Work order => Starting at the top of the records, output every line through the one that contains "wants i (some idx) = if", keeping each exactly as it appears.

Input =>
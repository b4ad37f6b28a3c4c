-- ===== src/Gateway/Placement/Sticky.antt =====
-- A listener keeps its previous parent as long as the previous placement fits the parents.
use ingress_nginx_gateway_br.Common.{
  ℕ, ◌+◌, ◌≤◌, ◌<◌, ◌≡◌, ◌≢◌, sym, ◌∙◌, subst, inl, inr, Bool, true, Option, none, some, List, [],
  ◌∷◌, Memᴰ, All, All-map, All-mem, sort_by-All, nat_beq, if◌then◌else◌, arith, insert, lookup,
  lookup-insert, lookup-insert_self, Bool-cases, Option-cases, total, total-sort_by, sort_by,
}
use ingress_nginx_gateway_br.Text.{Text, text_key, text_eq, text_eq_iff}
use ingress_nginx_gateway_br.Gateway.{
  ListenerPlacement, Placements, ProjectedListener, ManagedGatewayOptions,
}
use ingress_nginx_gateway_br.Gateway.Placement.{
  Placing, no_placing, try_place, try_wanted, capacity, usable, increment, pass, place_listeners,
  by_hostname, previous_index, previous_placement, sticky_pass,
}
use ingress_nginx_gateway_br.Gateway.Placement.Passes.{
  pass-keeps, place_anywhere-keeps, pass-All, try_place-some, try_place-room, pass-hit, pass-miss,
}
use ingress_nginx_gateway_br.Gateway.Placement.Capacity.{increment_lem, room_at}

-- One if the wanted parent is `i`.
abbrev pub wants : ℕ → Option ℕ → ℕ
wants i none = 0
wants i (some idx) = if nat_beq idx i then 1 else 0

-- How many of the listeners stood at parent `i`.
unfoldable pub demand : ℕ → Placements → List ProjectedListener → ℕ
demand i current ls = total (λ l. wants i (previous_placement current l)) ls

room_at-usable : (overflow : Bool) (i : ℕ) → 0 < room_at overflow i → usable overflow i ≡ true
unfolding usable
room_at-usable overflow i h = ground arith

room_at-capacity : (overflow : Bool) (i : ℕ) → room_at overflow i ≤ capacity i
unfolding capacity
room_at-capacity overflow i = ground arith

none-some : (idx : ℕ) → none ≡ some idx → ⊥
none-some idx e = cc

previous_found :
    (current : Placements) (l : ProjectedListener) (p : ListenerPlacement)
    → lookup l.hostname current ≡ some p
    → previous_placement current l ≡ some p.listener_set
unfolding previous_placement
previous_found current l p found = rw (found, previous_index)

module _ (overflow : Bool) (current : Placements) where
  -- The wanted parent has room, if the counts and the demand left fit.
  abbrev Fits : Placing → List ProjectedListener → Type 0
  Fits s ls = (i : ℕ) → s.counts i + demand i current ls ≤ room_at overflow i

  Fits-more :
      (s : Placing) (l : ProjectedListener) (ls : List ProjectedListener) (idx i : ℕ)
      → Fits s (l ∷ ls)
      → previous_placement current l ≡ some idx
      → s.counts i + (wants i (some idx) + demand i current ls) ≤ room_at overflow i
  unfolding demand total
  Fits-more s l ls idx i fits e =
      subst (λ o. s.counts i + (wants i o + demand i current ls) ≤ room_at overflow i) e (fits i)

  Fits-miss :
      (s : Placing) (l : ProjectedListener) (ls : List ProjectedListener)
      → Fits s (l ∷ ls)
      → Fits s ls
  unfolding demand total
  Fits-miss s l ls fits i = omega (arith, fits i)

  Fits-place :
      (s : Placing) (l : ProjectedListener) (ls : List ProjectedListener) (idx : ℕ)
      → Fits s (l ∷ ls)
      → previous_placement current l ≡ some idx
      → (s' : Placing) × (try_wanted overflow l (previous_placement current l) s ≡ some s')
        × (lookup l.hostname s'.placed ≡ some idx)
        × Fits s' ls
  Fits-place s l ls idx fits e =
      let here = Fits-more s l ls idx idx fits e in
      (
        record { placed = insert l.hostname idx s.placed; counts = increment s.counts idx },
        rw e (
            try_place-room overflow l idx s (room_at-usable overflow idx (ground arith))
              (ground (arith, room_at-capacity overflow idx))),
        lookup-insert_self l.hostname idx s.placed,
        λ i. ground (arith, increment_lem s.counts idx i, Fits-more s l ls idx i fits e),
      )

  none_places :
      (l : ProjectedListener) (s s' : Placing)
      → previous_placement current l ≡ none
      → try_wanted overflow l (previous_placement current l) s ≡ some s'
      → ⊥
  none_places l s s' gone placed =
      let h : none ≡ some s' = subst (λ o. try_wanted overflow l o s ≡ some s') gone placed in cc

  agrees :
      (h : Text) (idx : ℕ) (s : Placing) (l : ProjectedListener) (j : ℕ)
      → previous_index current h ≡ some idx
      → lookup h s.placed ≡ some idx
      → previous_placement current l ≡ some j
      → lookup h (insert l.hostname j s.placed) ≡ some idx
  unfolding previous_placement
  agrees h idx s l j prev e found = elim (Bool-cases (text_eq l.hostname h)) [
    | inl same ↦
        let e' = (text_eq_iff l.hostname h).0 same in
        let f : previous_index current h ≡ some j = rw e' at found in
        rw (lookup-insert l.hostname h j s.placed, same) (sym f ∙ prev)
    | inr other ↦ rw (lookup-insert l.hostname h j s.placed, other) e
  ]

  wanted_stays :
      (h : Text) (idx : ℕ) (s s' : Placing) (l : ProjectedListener)
      → previous_index current h ≡ some idx
      → lookup h s.placed ≡ some idx
      → try_wanted overflow l (previous_placement current l) s ≡ some s'
      → lookup h s'.placed ≡ some idx
  wanted_stays h idx s s' l prev e placed = elim (Option-cases (previous_placement current l)) [
    | inl gone ↦ absurd (none_places l s s' gone placed)
    | inr (j, found) ↦
        let (u, room, same, more) =
          try_place-some overflow l j s s'
            (subst (λ o. try_wanted overflow l o s ≡ some s') found placed) in
        rw same (agrees h idx s l j prev e found)
  ]

  -- A placement that agrees with the previous one survives the rest of the first pass.
  pass-stays :
      (h : Text) (idx : ℕ) (s : Placing) (ls : List ProjectedListener)
      → previous_index current h ≡ some idx
      → lookup h s.placed ≡ some idx
      → lookup h (pass overflow (previous_placement current) s ls).0.placed ≡ some idx
  unfolding pass
  pass-stays h idx s [] prev e = e
  pass-stays h idx s (l ∷ ls) prev e =
      elim (Option-cases (try_wanted overflow l (previous_placement current l) s)) [
        | inl missed ↦
            rw (pass-miss overflow (previous_placement current) s l ls missed)
              (pass-stays h idx s ls prev e)
        | inr (s', placed) ↦
            rw (pass-hit overflow (previous_placement current) s l ls s' placed)
              (pass-stays h idx s' ls prev (wanted_stays h idx s s' l prev e placed))
      ]

  keeps_here :
      (s : Placing) (l : ProjectedListener) (ls : List ProjectedListener) (idx : ℕ)
      → previous_placement current l ≡ some idx
      → lookup l.hostname s.placed ≡ some idx
      → (j : ℕ) → previous_placement current l ≡ some j
      → lookup l.hostname (pass overflow (previous_placement current) s ls).0.placed ≡ some j
  unfolding previous_placement
  keeps_here s l ls idx found here j e = pass-stays l.hostname j s ls e (here ∙ (sym found ∙ e))

  -- What a listener keeps: its previous parent, if it had one.
  abbrev Keeps : List (Text × ℕ) → ProjectedListener → Type 0
  Keeps placed l =
      (idx : ℕ) → previous_placement current l ≡ some idx → lookup l.hostname placed ≡ some idx

  abbrev IsKept : Placing × List ProjectedListener → List ProjectedListener → Type 0
  IsKept r ls = All (Keeps r.0.placed) ls × All (λ l. previous_placement current l ≡ none) r.1

  missed_none :
      (l : ProjectedListener) (s : Placing)
      → previous_placement current l ≡ none
      → try_wanted overflow l (previous_placement current l) s ≡ none
  missed_none l s e = rw e

  pass-IsKept :
      (s : Placing) (ls : List ProjectedListener)
      → Fits s ls
      → IsKept (pass overflow (previous_placement current) s ls) ls
  unfolding pass
  pass-IsKept s [] fits = (tt, tt)
  pass-IsKept s (l ∷ ls) fits = elim (Option-cases (previous_placement current l)) [
    | inl gone ↦
        let (kept, new) = pass-IsKept s ls (Fits-miss s l ls fits) in
        subst (λ r. IsKept r (l ∷ ls))
          (sym (pass-miss overflow (previous_placement current) s l ls (missed_none l s gone)))
          ((λ idx e. absurd (none-some idx (sym gone ∙ e)), kept), (gone, new))
    | inr (idx, found) ↦
        let (s', placed, here, fits') = Fits-place s l ls idx fits found in
        let (kept, new) = pass-IsKept s' ls fits' in
        subst (λ r. IsKept r (l ∷ ls))
          (sym (pass-hit overflow (previous_placement current) s l ls s' placed))
          ((keeps_here s' l ls idx found here, kept), new)
  ]

module _ (overflow : Bool) (h : Text) (idx : ℕ) where
  -- Listeners of other hostnames leave an entry alone.
  place_other :
      (l : ProjectedListener) (j : ℕ) (s s' : Placing)
      → l.hostname ≢ h
      → try_place overflow l j s ≡ some s'
      → lookup h s.placed ≡ some idx
      → lookup h s'.placed ≡ some idx
  place_other l j s s' ne e found =
      let (u, room, same, more) = try_place-some overflow l j s s' e in
      rw same (ground (arith, lookup-insert l.hostname h j s.placed, text_eq_iff l.hostname h))

new_ne :
    (current : Placements) (h : Text) (p : ListenerPlacement) (l : ProjectedListener)
    → lookup h current ≡ some p
    → previous_placement current l ≡ none
    → l.hostname ≢ h
unfolding previous_placement
new_ne current h p l found gone same =
    let e : previous_index current l.hostname ≡ some p.listener_set =
      rw (same, found, previous_index) in
    none-some p.listener_set (sym gone ∙ e)

-- Where the previous placement of these listeners fits the parents, every listener that had a parent
-- keeps it, whatever the other listeners are.
pub place_listeners-sticky :
    (listeners : List ProjectedListener) (options : ManagedGatewayOptions) (l : ProjectedListener)
    (p : ListenerPlacement)
    → ((i : ℕ)
        → demand i options.current_placements listeners ≤ room_at options.listener_set_overflow i)
    → Memᴰ l listeners
    → lookup l.hostname options.current_placements ≡ some p
    → lookup l.hostname (place_listeners listeners options).0 ≡ some p.listener_set
unfolding place_listeners demand
place_listeners-sticky listeners options l p fits member found =
    let overflow = options.listener_set_overflow in
    let current = options.current_placements in
    let (kept, new) = pass-IsKept overflow current no_placing (sort_by by_hostname listeners) (λ i.
      omega (
        arith,
        fits i,
        total-sort_by (λ k. wants i (previous_placement current k)) by_hostname listeners,
      )) in
    let others : All (λ k. k.hostname ≢ l.hostname) (sticky_pass listeners options).1 =
      All-map _ _ _ (λ k. new_ne current l.hostname p k found) new in
    let first : lookup l.hostname (sticky_pass listeners options).0.placed ≡ some p.listener_set =
      All-mem (Keeps overflow current _) member (sort_by-All by_hostname _ listeners kept)
        p.listener_set (previous_found current l p found) in
    place_anywhere-keeps overflow (λ k. k.hostname ≢ l.hostname)
      (λ s. lookup l.hostname s.placed ≡ some p.listener_set)
      (place_other overflow l.hostname p.listener_set) _ _ _
      (pass-All overflow (λ k. k.hostname ≢ l.hostname) _ _ _ others)
      (pass-keeps overflow (λ k. k.hostname ≢ l.hostname)
        (λ s. lookup l.hostname s.placed ≡ some p.listener_set)
        (place_other overflow l.hostname p.listener_set) _ _ _ others first)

Output =>
repository b4ad37f6b28a3c4c
-- ===== src/Gateway/Placement/Sticky.antt =====
-- A listener keeps its previous parent as long as the previous placement fits the parents.
use ingress_nginx_gateway_br.Common.{
  ℕ, ◌+◌, ◌≤◌, ◌<◌, ◌≡◌, ◌≢◌, sym, ◌∙◌, subst, inl, inr, Bool, true, Option, none, some, List, [],
  ◌∷◌, Memᴰ, All, All-map, All-mem, sort_by-All, nat_beq, if◌then◌else◌, arith, insert, lookup,
  lookup-insert, lookup-insert_self, Bool-cases, Option-cases, total, total-sort_by, sort_by,
}
use ingress_nginx_gateway_br.Text.{Text, text_key, text_eq, text_eq_iff}
use ingress_nginx_gateway_br.Gateway.{
  ListenerPlacement, Placements, ProjectedListener, ManagedGatewayOptions,
}
use ingress_nginx_gateway_br.Gateway.Placement.{
  Placing, no_placing, try_place, try_wanted, capacity, usable, increment, pass, place_listeners,
  by_hostname, previous_index, previous_placement, sticky_pass,
}
use ingress_nginx_gateway_br.Gateway.Placement.Passes.{
  pass-keeps, place_anywhere-keeps, pass-All, try_place-some, try_place-room, pass-hit, pass-miss,
}
use ingress_nginx_gateway_br.Gateway.Placement.Capacity.{increment_lem, room_at}

-- One if the wanted parent is `i`.
abbrev pub wants : ℕ → Option ℕ → ℕ
wants i none = 0
wants i (some idx) = if nat_beq idx i then 1 else 0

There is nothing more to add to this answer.